* **Task details**
Where a line of the material contains the string "crates", copy that line.

* **Task material**
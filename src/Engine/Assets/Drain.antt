-- ===== src/Engine/Assets/Drain.antt =====
-- A whole drain, of `pack_external_assets` of crates/bsrs/src/engine/run_engine.rs.
use bsrs.Prelude.{
  ℕ, ◌-◌, ◌≡◌, ◌⊎◌, inl, inr, true, not, ◌||◌, String, Option, none, some, List, [], ◌∷◌, arith,
  ◌==◌, all, length, All, Bool-cases,
}
use mathlib.Core.Path.{subst}
use bsrs.Prelude.Maps.{lookup}
use bsrs.Prelude.Rows.{Pairwise}
use bsrs.Runs.Documents.{Payload}
use bsrs.Engine.Assets.{
  AssetDoc, resource_doc, datum_doc, other_doc, Pack, Packed, packed, failed, contains, pack_doc,
  put_doc, and_then, pack_docs, is_nil, check_keys, pack_external_assets,
}
use bsrs.Engine.Assets.Stamped.{
  StampedAs, Serves, Some, IsNoDatum, Moved, Good, GoodAll, Good-pack_doc,
}

module _ (P : Payload) (D : Type 0) where
  abbrev Doc : Type 0
  Doc = AssetDoc P D

  Serves-grows :
      (r r' : List (String × String)) (k : String) (d : Doc)
      → ((i j : String) → lookup i r ≡ some j → lookup i r' ≡ some j)
      → Serves r k d
      → Serves r' k d
  Serves-grows r r' k (datum_doc d) g h = g d.stream_resource k h
  Serves-grows r r' k (resource_doc d) g h = h
  Serves-grows r r' k (other_doc d) g h = h

  -- The width of a datum stays.
  StampedAs-width :
      (run : String) (n : ℕ) (u v : Option ℕ) (d o : Doc)
      → ((w : ℕ) → u ≡ some w → v ≡ some w)
      → StampedAs run n u d o
      → StampedAs run n v d o
  StampedAs-width run n u v (datum_doc d) o k h = (k (d.indices.stop - d.indices.start) h.0, h.1)
  StampedAs-width run n u v (resource_doc r) o k h = h
  StampedAs-width run n u v (other_doc d) o k h = h

  first_served :
      (r r' : List (String × String)) (k : String) (d : Doc) (ds : List Doc)
      → ((i j : String) → lookup i r ≡ some j → lookup i r' ≡ some j)
      → Some (Serves r k) (d ∷ [])
      → Some (Serves r' k) (d ∷ ds)
  first_served r r' k d ds g (inl h) = inl (Serves-grows r r' k d g h)
  first_served r r' k d ds g (inr h) = absurd h

  -- One document, then the others.
  Moved-cons :
      (run : String) (n : ℕ) (s t u : Pack) (i d : Doc) (is ds : List Doc)
      → Moved run n s t (i ∷ []) (d ∷ [])
      → Moved run n t u is ds
      → Moved run n s u (i ∷ is) (d ∷ ds)
  Moved-cons run n s t u i d is ds a b = record {
    stamped = (StampedAs-width run n t.width u.width i d b.width_kept a.stamped.0, b.stamped);
    width_kept = λ w h. b.width_kept w (a.width_kept w h);
    grows = λ j k h. b.grows j k (a.grows j k h);
    received_by = λ k h. elim (b.received_by k h) [
      | inr c ↦ inr (inr c)
      | inl c ↦ elim (a.received_by k c) [
        | inl e ↦ inl e
        | inr e ↦ inr (first_served t.registry u.registry k d ds b.grows e)
      ]
    ];
    silent = λ h. let (c, e) = b.silent h in let (f, g) = a.silent c in (f, (g.0, e));
  }

  GoodAll-put :
      (run : String) (n : ℕ) (ext : List String) (s t : Pack) (i d : Doc) (is : List Doc)
      (q : Packed (List Doc))
      → Moved run n s t (i ∷ []) (d ∷ [])
      → GoodAll run n t is q
      → GoodAll run n s (i ∷ is) (put_doc run n ext d q)
  GoodAll-put run n ext s t i d is (failed r e) a b = tt
  GoodAll-put run n ext s t i d is (packed ds u) a b = Moved-cons run n s t u i d is ds a b

  GoodAll-then :
      (run : String) (n : ℕ) (ext : List String) (s : Pack) (i : Doc) (is : List Doc)
      (p : Packed Doc) (go : Pack → Packed (List Doc))
      → Good run n s i p
      → ((t : Pack) → GoodAll run n t is (go t))
      → GoodAll run n s (i ∷ is) (and_then run n ext p go)
  GoodAll-then run n ext s i is (failed r e) go a b = tt
  GoodAll-then run n ext s i is (packed d t) go a b =
      GoodAll-put run n ext s t i d is (go t) a (b t)

  GoodAll-pack_docs :
      (run : String) (n : ℕ) (ext : List String) (ds : List Doc) (s : Pack)
      → GoodAll run n s ds (pack_docs run n ext ds s)
  unfolding pack_docs
  GoodAll-pack_docs run n ext [] s = record {
    stamped = tt;
    width_kept = λ w h. h;
    grows = λ j k h. h;
    received_by = λ k h. inl h;
    silent = λ h. (h, tt);
  }
  GoodAll-pack_docs run n ext (d ∷ ds) s =
      GoodAll-then run n ext s d ds (pack_doc run n ext d s) (pack_docs run n ext ds)
        (Good-pack_doc P D run n ext d s) (GoodAll-pack_docs run n ext ds)

  -- A drain that is accepted.
  abbrev IsDrained : String → ℕ → List String → List Doc → Packed (List Doc) → Type 0
  IsDrained run n ext docs (failed r e) = Unit
  IsDrained run n ext docs (packed ds s) =
      Pairwise (StampedAs run n s.width) docs ds
      × (All IsNoDatum ds ⊎ All (λ k. Some (Serves s.registry k) ds) ext)

  served :
      (run : String) (n : ℕ) (reg : List (String × String)) (s : Pack) (docs ds : List Doc)
      (ks : List String)
      → Moved run n (record { width = none; received = []; registry = reg }) s docs ds
      → all (contains s.received) ks ≡ true
      → All (λ k. Some (Serves s.registry k) ds) ks
  served run n reg s docs ds [] m h = tt
  served run n reg s docs ds (k ∷ ks) m h = (
    elim (m.received_by k (ground (arith, h))) [ inl c ↦ absurd (ground (arith, c)) | inr c ↦ c ],
    served run n reg s docs ds ks m (ground (arith, h)),
  )

  IsDrained-check_keys :
      (run : String) (n : ℕ) (ext : List String) (reg : List (String × String)) (docs : List Doc)
      (q : Packed (List Doc))
      → GoodAll run n (record { width = none; received = []; registry = reg }) docs q
      → IsDrained run n ext docs (check_keys run n ext q)
  IsDrained-check_keys run n ext reg docs (failed r e) m = tt
  IsDrained-check_keys run n ext reg docs (packed ds s) m = elim (Bool-cases (is_nil s.received)) [
    | inl e ↦ simp e (m.stamped, inl (m.silent e).1)
    | inr e ↦
        elim (Bool-cases
          (not (length ext == length s.received) || not (all (contains s.received) ext))) [
            | inl f ↦ simp (e, f) tt
            | inr f ↦
                simp (e, f) (m.stamped, inr (served run n reg s docs ds ext m (ground (arith, f))))
          ]
  ]

  -- What the engine emits of a drain that it accepts is the drain, document by document: a resource
  -- that names no run is given this run, and keeps its own otherwise; every datum is given as many
  -- sequence numbers as it has indices, from `next_seq` on (of 64 bits), and this is one and the same
  -- width for all datums; all else is as it was. And either there is no datum, or every external key
  -- of the descriptor has one, through the registry of resources.
  pub pack_external_assets-drain :
      (run : String) (next_seq : ℕ) (external : List String) (docs ds : List Doc)
      (registry : List (String × String)) (s : Pack)
      → pack_external_assets run next_seq external docs registry ≡ packed ds s
      → Pairwise (StampedAs run next_seq s.width) docs ds
        × (All IsNoDatum ds ⊎ All (λ k. Some (Serves s.registry k) ds) external)
  unfolding pack_external_assets
  pack_external_assets-drain run n ext docs ds reg s h = subst (IsDrained run n ext docs) h (
      IsDrained-check_keys run n ext reg docs
        (pack_docs run n ext docs (record { width = none; received = []; registry = reg }))
        (GoodAll-pack_docs run n ext docs (record { width = none; received = []; registry = reg })))
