-- ===== src/Engine/Control.antt =====
-- The control plane of crates/bsrs/src/engine/run_engine.rs: `RunControl`, the interrupts, and the
-- requests that the run loop takes.
-- The counters are `u64` and `usize`. A token is cancelled or not; a new one is not. `notify_waiters`
-- is counted. The fields are separate atomics in the code, without a lock; here a method is one step,
-- and Race alone has two methods that overlap.
pub mod Spec
pub mod Counting
pub mod Refined
pub mod Race
use bsrs.Prelude.{
  ℕ, suc, ◌+◌, ◌-◌, ◌%◌, ◌^◌, Bool, true, false, not, ◌&&◌, ◌||◌, String, Option, none, some, ◌==◌,
  leb, if◌then◌else◌,
}

abbrev pub u64_mod : ℕ
u64_mod = 2 ^ 64

pub data EngineRunState : Type 0 where
  idle running paused aborting halting : EngineRunState

-- `Suspension`; the two callbacks are values that the control plane only passes on.
pub record Suspension (F : Type 0) : Type 0 where
  pub justification : String
  pub pre_plan : Option F
  pub post_plan : Option F

pub record RunControl (F : Type 0) : Type 0 where
  pub is_running : Bool
  pub is_paused : Bool
  pub permits : ℕ
  pub pause_edges : ℕ
  pub cancelled : Bool
  pub pause_seq : ℕ
  pub pending_suspend : Option (Suspension F)
  pub holds : ℕ
  pub manual_pause : Bool
  pub run_gen : ℕ

-- `RunControl::new`
unfoldable pub new : {F : Type 0} → RunControl F
new = record {
  is_running = false;
  is_paused = false;
  permits = 0;
  pause_edges = 0;
  cancelled = false;
  pause_seq = 0;
  pending_suspend = none;
  holds = 0;
  manual_pause = false;
  run_gen = 0;
}

module _ {F : Type 0} where
  unfoldable pub reset_for_run : RunControl F → RunControl F
  reset_for_run c = record c {
    run_gen = (c.run_gen + 1) % u64_mod;
    is_paused = false;
    manual_pause = false;
    holds = 0;
    pending_suspend = none;
    cancelled = false;
  }

  unfoldable pub mark_paused : RunControl F → RunControl F
  mark_paused c = record c {
    is_paused = true;
    pause_seq = (c.pause_seq + 1) % u64_mod;
    cancelled = true;
    pause_edges = suc c.pause_edges;
  }

  unfoldable pub pause : RunControl F → RunControl F
  unfolding mark_paused
  pause c = mark_paused (record c { manual_pause = true })

  unfoldable pub wake : RunControl F → RunControl F
  wake c = record c { is_paused = false; permits = suc c.permits }

  unfoldable pub resume : RunControl F → RunControl F
  unfolding wake
  resume c = wake (record c { manual_pause = false })

  -- What `request_suspend` does before it pauses, with the generation that it loads.
  abbrev pub suspend_hold : RunControl F → Suspension F → RunControl F × ℕ
  suspend_hold c suspension =
      (record c { pending_suspend = some suspension; holds = (c.holds + 1) % u64_mod }, c.run_gen)

  -- The generation that the spawned task passes to `release` comes back.
  unfoldable pub request_suspend : RunControl F → Suspension F → RunControl F × ℕ
  unfolding mark_paused
  request_suspend c suspension = let (c', gen) = suspend_hold c suspension in (mark_paused c', gen)

  unfoldable pub release : RunControl F → ℕ → RunControl F
  unfolding wake
  release c gen =
      let before = c.holds in
      let c' = record c { holds = before - 1 } in
      let lifted = if leb before 1 && not c.manual_pause then wake c' else c' in
      if gen == c.run_gen then lifted else c

-- The engine's flags beside the control plane.
pub record Flags (F : Type 0) : Type 0 where
  pub ctl : RunControl F
  pub deferred_pause : Bool
  pub is_aborting : Bool
  pub is_halting : Bool
  pub is_stopping : Bool
  pub interrupt_seq : ℕ
  pub interrupt_reason : String

pub data Interrupt : Type 0 where
  abort_run stop_run : Interrupt

pub data InterruptRequest : Type 0 where
  halt_request : InterruptRequest
  throw_request : Interrupt → InterruptRequest

module _ {F : Type 0} where
  -- `RunEngine::state`
  unfoldable pub engine_state : Flags F → EngineRunState
  engine_state f =
      if f.is_halting
      then halting
      else if f.is_aborting
      then aborting
      else if f.ctl.is_paused
      then paused
      else if f.ctl.is_running
      then running
      else idle

  -- `RunEngine::pause`
  unfoldable pub engine_pause : Bool → Flags F → Flags F
  engine_pause defer f =
      if defer then record f { deferred_pause = true } else record f { ctl = pause f.ctl }

  -- `RunEngine::resume`
  unfoldable pub engine_resume : Flags F → Flags F
  engine_resume f = record f { ctl = resume f.ctl }

  -- What a `Checkpoint` does last: a deferred pause is applied.
  unfoldable pub apply_deferred : Flags F → Flags F
  apply_deferred f =
      if f.deferred_pause then record f { deferred_pause = false; ctl = pause f.ctl } else f

  unfoldable pub request_interrupt : Flags F → Flags F
  request_interrupt f = record f {
    interrupt_seq = (f.interrupt_seq + 1) % u64_mod;
    ctl = wake (record (f.ctl) { cancelled = true });
  }

  unfoldable pub abort : String → Flags F → Flags F
  abort reason f =
      request_interrupt
        (record f { interrupt_reason = reason; is_aborting = true; is_stopping = false })

  unfoldable pub halt : String → Flags F → Flags F
  halt reason f =
      request_interrupt
        (record f { interrupt_reason = reason; is_halting = true; is_aborting = true })

  unfoldable pub stop : Flags F → Flags F
  stop f = request_interrupt (record f { is_stopping = true; is_aborting = true })

  -- The sequence number that the loop remembers comes back with the request.
  unfoldable pub take_interrupt : Flags F → ℕ → Flags F × ℕ × Option InterruptRequest
  take_interrupt f thrown_seq = if f.interrupt_seq == thrown_seq then (f, thrown_seq, none) else (
    record f { ctl = record (f.ctl) { cancelled = false } },
    f.interrupt_seq,
    some (
        if f.is_halting
        then halt_request
        else if f.is_stopping
        then throw_request stop_run
        else throw_request abort_run),
  )

  unfoldable pub interrupt_pending : Flags F → ℕ → Bool
  interrupt_pending f thrown_seq = not (f.interrupt_seq == thrown_seq)

  unfoldable pub pause_pending : Flags F → ℕ → Bool
  pause_pending f pause_seen = not (f.ctl.pause_seq == pause_seen)

  unfoldable pub ack_pause : Flags F → ℕ → Flags F × ℕ
  ack_pause f pause_seen =
      if f.ctl.pause_seq == pause_seen
      then (f, pause_seen)
      else (record f { ctl = record (f.ctl) { cancelled = false } }, f.ctl.pause_seq)
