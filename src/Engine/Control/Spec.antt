-- ===== src/Engine/Control/Spec.antt =====
-- The control plane of crates/bsrs/src/engine/run_engine.rs against a specification that knows
-- neither counters nor generations.
use bsrs.Prelude.{
  ℕ, Bool, true, false, ◌&&◌, ◌||◌, Option, none, some, List, [], ◌∷◌, ◌++◌, map, ◌==◌, get_elem?,
  remove_idx, any,
}
use bsrs.Engine.Control.{
  RunControl, Suspension, new, reset_for_run, pause, wake, resume, request_suspend, release,
}

-- What happens to the control plane: a run begins, the user pauses or resumes, a suspension is
-- requested, the i-th of the suspensions not yet lifted is lifted, an interrupt wakes the engine, or
-- the run loop renews the token.
pub data Step (F : Type 0) : Type 0 where
  begins pauses resumes interrupts renews : Step F
  suspends : Suspension F → Step F
  lifts : ℕ → Step F

-- The control plane with the tasks that `request_suspend` spawned and that have not released yet,
-- each with its generation.
pub record System (F : Type 0) : Type 0 where
  pub ctl : RunControl F
  pub tasks : List ℕ

-- The specification: paused or not, by the user or not, and for each task whether it belongs to the
-- present run.
pub record Spec : Type 0 where
  pub is_paused : Bool
  pub manual_pause : Bool
  pub tasks : List Bool

abbrev pub id_test : Bool → Bool
id_test b = b

-- The engine stays paused by the user's pause, or while another suspension of the run is there.
abbrev pub spec_lift : Spec → ℕ → Option Bool → Spec
spec_lift s i none = s
spec_lift s i (some false) = record s { tasks = remove_idx s.tasks i }
spec_lift s i (some true) = record s {
  tasks = remove_idx s.tasks i;
  is_paused = s.is_paused && (s.manual_pause || any id_test (remove_idx s.tasks i));
}

unfoldable pub spec_step : {F : Type 0} → Step F → Spec → Spec
spec_step begins s = record {
  is_paused = false;
  manual_pause = false;
  tasks = map (λ b. false) s.tasks;
}
spec_step pauses s = record s { is_paused = true; manual_pause = true }
spec_step resumes s = record s { is_paused = false; manual_pause = false }
spec_step interrupts s = record s { is_paused = false }
spec_step renews s = s
spec_step (suspends x) s = record s { is_paused = true; tasks = s.tasks ++ true ∷ [] }
spec_step (lifts i) s = spec_lift s i (get_elem? s.tasks i)

abbrev pub spec_start : Spec
spec_start = record { is_paused = false; manual_pause = false; tasks = [] }

abbrev pub of_run : ℕ → List ℕ → List Bool
of_run gen = map (λ g. g == gen)

module _ {F : Type 0} where
  abbrev pub lift_task : System F → ℕ → Option ℕ → System F
  lift_task s i none = s
  lift_task s i (some g) = record { ctl = release s.ctl g; tasks = remove_idx s.tasks i }

  unfoldable pub step : Step F → System F → System F
  step begins s = record s { ctl = reset_for_run s.ctl }
  step pauses s = record s { ctl = pause s.ctl }
  step resumes s = record s { ctl = resume s.ctl }
  step interrupts s = record s { ctl = wake (record (s.ctl) { cancelled = true }) }
  step renews s = record s { ctl = record (s.ctl) { cancelled = false } }
  step (suspends x) s =
      let r = request_suspend s.ctl x in record { ctl = r.0; tasks = s.tasks ++ r.1 ∷ [] }
  step (lifts i) s = lift_task s i (get_elem? s.tasks i)

  abbrev pub start : System F
  start = record { ctl = new; tasks = [] }

  unfoldable pub steps : List (Step F) → System F → System F
  steps [] s = s
  steps (x ∷ xs) s = steps xs (step x s)

  unfoldable pub spec_steps : List (Step F) → Spec → Spec
  spec_steps [] s = s
  spec_steps (x ∷ xs) s = spec_steps xs (spec_step x s)

  -- What the specification sees of the system.
  unfoldable pub view : System F → Spec
  view s = record {
    is_paused = s.ctl.is_paused;
    manual_pause = s.ctl.manual_pause;
    tasks = of_run s.ctl.run_gen s.tasks;
  }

* **Response to the exercise**
-- A whole drain, of `pack_external_assets` of crates/bsrs/src/engine/run_engine.rs.
-- The control plane of crates/bsrs/src/engine/run_engine.rs: `RunControl`, the interrupts, and the
-- The control plane of crates/bsrs/src/engine/run_engine.rs against a specification that knows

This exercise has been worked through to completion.